-- Opening Marker --
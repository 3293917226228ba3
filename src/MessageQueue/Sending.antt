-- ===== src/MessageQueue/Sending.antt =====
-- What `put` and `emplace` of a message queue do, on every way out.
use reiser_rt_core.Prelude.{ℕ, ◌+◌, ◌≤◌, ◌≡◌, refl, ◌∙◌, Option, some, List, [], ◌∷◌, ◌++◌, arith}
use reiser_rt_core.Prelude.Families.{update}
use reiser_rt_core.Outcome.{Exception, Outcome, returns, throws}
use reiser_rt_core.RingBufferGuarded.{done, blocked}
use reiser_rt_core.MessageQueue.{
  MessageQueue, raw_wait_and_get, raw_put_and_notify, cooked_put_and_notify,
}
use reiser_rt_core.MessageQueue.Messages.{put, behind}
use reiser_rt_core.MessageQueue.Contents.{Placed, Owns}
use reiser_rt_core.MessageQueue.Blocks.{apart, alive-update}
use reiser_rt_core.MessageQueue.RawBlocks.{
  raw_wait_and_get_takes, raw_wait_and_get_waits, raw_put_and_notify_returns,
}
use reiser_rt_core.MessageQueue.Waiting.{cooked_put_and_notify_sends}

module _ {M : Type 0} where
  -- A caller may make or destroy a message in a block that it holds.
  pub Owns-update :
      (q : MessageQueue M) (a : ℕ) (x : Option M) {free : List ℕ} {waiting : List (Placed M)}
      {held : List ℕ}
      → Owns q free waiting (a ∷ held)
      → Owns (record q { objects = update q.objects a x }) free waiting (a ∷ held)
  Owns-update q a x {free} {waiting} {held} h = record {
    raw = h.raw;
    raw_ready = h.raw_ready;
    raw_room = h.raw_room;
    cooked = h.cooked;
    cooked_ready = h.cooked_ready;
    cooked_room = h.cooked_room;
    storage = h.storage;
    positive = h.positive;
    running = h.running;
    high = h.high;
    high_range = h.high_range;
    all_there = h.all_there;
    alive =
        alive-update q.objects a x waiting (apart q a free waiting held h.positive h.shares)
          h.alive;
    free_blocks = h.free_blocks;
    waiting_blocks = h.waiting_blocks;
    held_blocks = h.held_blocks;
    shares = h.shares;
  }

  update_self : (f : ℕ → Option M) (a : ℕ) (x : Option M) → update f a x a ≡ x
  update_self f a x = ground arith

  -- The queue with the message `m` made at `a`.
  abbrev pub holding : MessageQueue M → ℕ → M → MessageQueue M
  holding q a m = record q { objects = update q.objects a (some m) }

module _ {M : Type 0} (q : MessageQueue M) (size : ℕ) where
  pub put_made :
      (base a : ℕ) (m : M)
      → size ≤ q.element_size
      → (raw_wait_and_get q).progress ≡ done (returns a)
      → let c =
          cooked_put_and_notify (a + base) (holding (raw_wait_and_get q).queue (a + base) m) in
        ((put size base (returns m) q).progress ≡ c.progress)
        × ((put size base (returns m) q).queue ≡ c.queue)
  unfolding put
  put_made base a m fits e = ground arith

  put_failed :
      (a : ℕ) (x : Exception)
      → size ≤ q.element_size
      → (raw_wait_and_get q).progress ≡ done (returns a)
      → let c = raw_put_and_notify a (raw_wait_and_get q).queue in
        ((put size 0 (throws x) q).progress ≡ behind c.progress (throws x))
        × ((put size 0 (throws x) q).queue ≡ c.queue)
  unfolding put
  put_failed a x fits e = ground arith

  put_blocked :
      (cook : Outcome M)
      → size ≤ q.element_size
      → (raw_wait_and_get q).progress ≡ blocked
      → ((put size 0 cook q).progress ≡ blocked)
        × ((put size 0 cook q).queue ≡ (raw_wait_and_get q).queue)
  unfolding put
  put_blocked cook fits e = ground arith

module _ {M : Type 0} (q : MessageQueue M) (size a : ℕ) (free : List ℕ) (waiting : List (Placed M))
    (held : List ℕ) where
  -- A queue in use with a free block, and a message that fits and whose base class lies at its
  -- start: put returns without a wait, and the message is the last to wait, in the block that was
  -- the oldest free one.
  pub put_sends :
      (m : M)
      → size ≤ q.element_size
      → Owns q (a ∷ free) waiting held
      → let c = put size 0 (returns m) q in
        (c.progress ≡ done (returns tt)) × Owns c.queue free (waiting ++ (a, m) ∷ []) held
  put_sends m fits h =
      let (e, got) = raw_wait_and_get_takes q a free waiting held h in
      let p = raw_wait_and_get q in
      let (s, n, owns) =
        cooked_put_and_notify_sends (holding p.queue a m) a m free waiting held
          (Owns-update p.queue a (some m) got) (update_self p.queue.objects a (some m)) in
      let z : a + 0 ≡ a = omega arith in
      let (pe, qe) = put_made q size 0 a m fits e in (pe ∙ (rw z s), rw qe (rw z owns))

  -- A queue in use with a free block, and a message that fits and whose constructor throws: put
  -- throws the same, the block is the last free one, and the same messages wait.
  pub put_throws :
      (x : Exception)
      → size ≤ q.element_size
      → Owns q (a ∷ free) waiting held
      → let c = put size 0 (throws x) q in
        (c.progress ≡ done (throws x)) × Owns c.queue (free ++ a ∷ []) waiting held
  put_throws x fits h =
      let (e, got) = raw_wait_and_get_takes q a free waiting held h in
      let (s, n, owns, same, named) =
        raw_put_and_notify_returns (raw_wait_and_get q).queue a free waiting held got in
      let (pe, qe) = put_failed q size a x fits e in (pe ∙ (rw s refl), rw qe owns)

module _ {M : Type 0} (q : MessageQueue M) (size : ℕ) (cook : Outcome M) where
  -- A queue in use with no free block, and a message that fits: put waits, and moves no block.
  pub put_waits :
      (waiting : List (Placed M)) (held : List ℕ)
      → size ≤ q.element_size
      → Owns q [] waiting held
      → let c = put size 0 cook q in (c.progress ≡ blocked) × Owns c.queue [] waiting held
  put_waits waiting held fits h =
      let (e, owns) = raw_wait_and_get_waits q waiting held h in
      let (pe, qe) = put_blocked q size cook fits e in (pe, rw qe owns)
-- Closing Marker --
## How to complete this task
Retype every entry exactly as it stands.

## Written response
repository 3293917226228ba3
filename src/MessageQueue/Sending.antt
-- ===== src/MessageQueue/Sending.antt =====
-- What `put` and `emplace` of a message queue do, on every way out.
use reiser_rt_core.Prelude.{ℕ, ◌+◌, ◌≤◌, ◌≡◌, refl, ◌∙◌, Option, some, List, [], ◌∷◌, ◌++◌, arith}
use reiser_rt_core.Prelude.Families.{update}
use reiser_rt_core.Outcome.{Exception, Outcome, returns, throws}
use reiser_rt_core.RingBufferGuarded.{done, blocked}
use reiser_rt_core.MessageQueue.{
  MessageQueue, raw_wait_and_get, raw_put_and_notify, cooked_put_and_notify,
}
use reiser_rt_core.MessageQueue.Messages.{put, behind}
use reiser_rt_core.MessageQueue.Contents.{Placed, Owns}
use reiser_rt_core.MessageQueue.Blocks.{apart, alive-update}
use reiser_rt_core.MessageQueue.RawBlocks.{
  raw_wait_and_get_takes, raw_wait_and_get_waits, raw_put_and_notify_returns,
}
use reiser_rt_core.MessageQueue.Waiting.{cooked_put_and_notify_sends}

module _ {M : Type 0} where
  -- A caller may make or destroy a message in a block that it holds.
  pub Owns-update :
      (q : MessageQueue M) (a : ℕ) (x : Option M) {free : List ℕ} {waiting : List (Placed M)}
      {held : List ℕ}
      → Owns q free waiting (a ∷ held)
      → Owns (record q { objects = update q.objects a x }) free waiting (a ∷ held)
  Owns-update q a x {free} {waiting} {held} h = record {
    raw = h.raw;
    raw_ready = h.raw_ready;
    raw_room = h.raw_room;
    cooked = h.cooked;
    cooked_ready = h.cooked_ready;
    cooked_room = h.cooked_room;
    storage = h.storage;
    positive = h.positive;
    running = h.running;
    high = h.high;
    high_range = h.high_range;
    all_there = h.all_there;
    alive =
        alive-update q.objects a x waiting (apart q a free waiting held h.positive h.shares)
          h.alive;
    free_blocks = h.free_blocks;
    waiting_blocks = h.waiting_blocks;
    held_blocks = h.held_blocks;
    shares = h.shares;
  }

  update_self : (f : ℕ → Option M) (a : ℕ) (x : Option M) → update f a x a ≡ x
  update_self f a x = ground arith

  -- The queue with the message `m` made at `a`.
  abbrev pub holding : MessageQueue M → ℕ → M → MessageQueue M
  holding q a m = record q { objects = update q.objects a (some m) }

module _ {M : Type 0} (q : MessageQueue M) (size : ℕ) where
  pub put_made :
      (base a : ℕ) (m : M)
      → size ≤ q.element_size
      → (raw_wait_and_get q).progress ≡ done (returns a)
      → let c =
          cooked_put_and_notify (a + base) (holding (raw_wait_and_get q).queue (a + base) m) in
        ((put size base (returns m) q).progress ≡ c.progress)
        × ((put size base (returns m) q).queue ≡ c.queue)
  unfolding put
  put_made base a m fits e = ground arith

  put_failed :
      (a : ℕ) (x : Exception)
      → size ≤ q.element_size
      → (raw_wait_and_get q).progress ≡ done (returns a)
      → let c = raw_put_and_notify a (raw_wait_and_get q).queue in
        ((put size 0 (throws x) q).progress ≡ behind c.progress (throws x))
        × ((put size 0 (throws x) q).queue ≡ c.queue)
  unfolding put
  put_failed a x fits e = ground arith

  put_blocked :
      (cook : Outcome M)
      → size ≤ q.element_size
      → (raw_wait_and_get q).progress ≡ blocked
      → ((put size 0 cook q).progress ≡ blocked)
        × ((put size 0 cook q).queue ≡ (raw_wait_and_get q).queue)
  unfolding put
  put_blocked cook fits e = ground arith

module _ {M : Type 0} (q : MessageQueue M) (size a : ℕ) (free : List ℕ) (waiting : List (Placed M))
    (held : List ℕ) where
  -- A queue in use with a free block, and a message that fits and whose base class lies at its
  -- start: put returns without a wait, and the message is the last to wait, in the block that was
  -- the oldest free one.
  pub put_sends :
      (m : M)
      → size ≤ q.element_size
      → Owns q (a ∷ free) waiting held
      → let c = put size 0 (returns m) q in
        (c.progress ≡ done (returns tt)) × Owns c.queue free (waiting ++ (a, m) ∷ []) held
  put_sends m fits h =
      let (e, got) = raw_wait_and_get_takes q a free waiting held h in
      let p = raw_wait_and_get q in
      let (s, n, owns) =
        cooked_put_and_notify_sends (holding p.queue a m) a m free waiting held
          (Owns-update p.queue a (some m) got) (update_self p.queue.objects a (some m)) in
      let z : a + 0 ≡ a = omega arith in
      let (pe, qe) = put_made q size 0 a m fits e in (pe ∙ (rw z s), rw qe (rw z owns))

  -- A queue in use with a free block, and a message that fits and whose constructor throws: put
  -- throws the same, the block is the last free one, and the same messages wait.
  pub put_throws :
      (x : Exception)
      → size ≤ q.element_size
      → Owns q (a ∷ free) waiting held
      → let c = put size 0 (throws x) q in
        (c.progress ≡ done (throws x)) × Owns c.queue (free ++ a ∷ []) waiting held
  put_throws x fits h =
      let (e, got) = raw_wait_and_get_takes q a free waiting held h in
      let (s, n, owns, same, named) =
        raw_put_and_notify_returns (raw_wait_and_get q).queue a free waiting held got in
      let (pe, qe) = put_failed q size a x fits e in (pe ∙ (rw s refl), rw qe owns)

module _ {M : Type 0} (q : MessageQueue M) (size : ℕ) (cook : Outcome M) where
  -- A queue in use with no free block, and a message that fits: put waits, and moves no block.
  pub put_waits :
      (waiting : List (Placed M)) (held : List ℕ)
      → size ≤ q.element_size
      → Owns q [] waiting held
      → let c = put size 0 cook q in (c.progress ≡ blocked) × Owns c.queue [] waiting held
  put_waits waiting held fits h =
      let (e, owns) = raw_wait_and_get_waits q waiting held h in
      let (pe, qe) = put_blocked q size cook fits e in (pe, rw qe owns)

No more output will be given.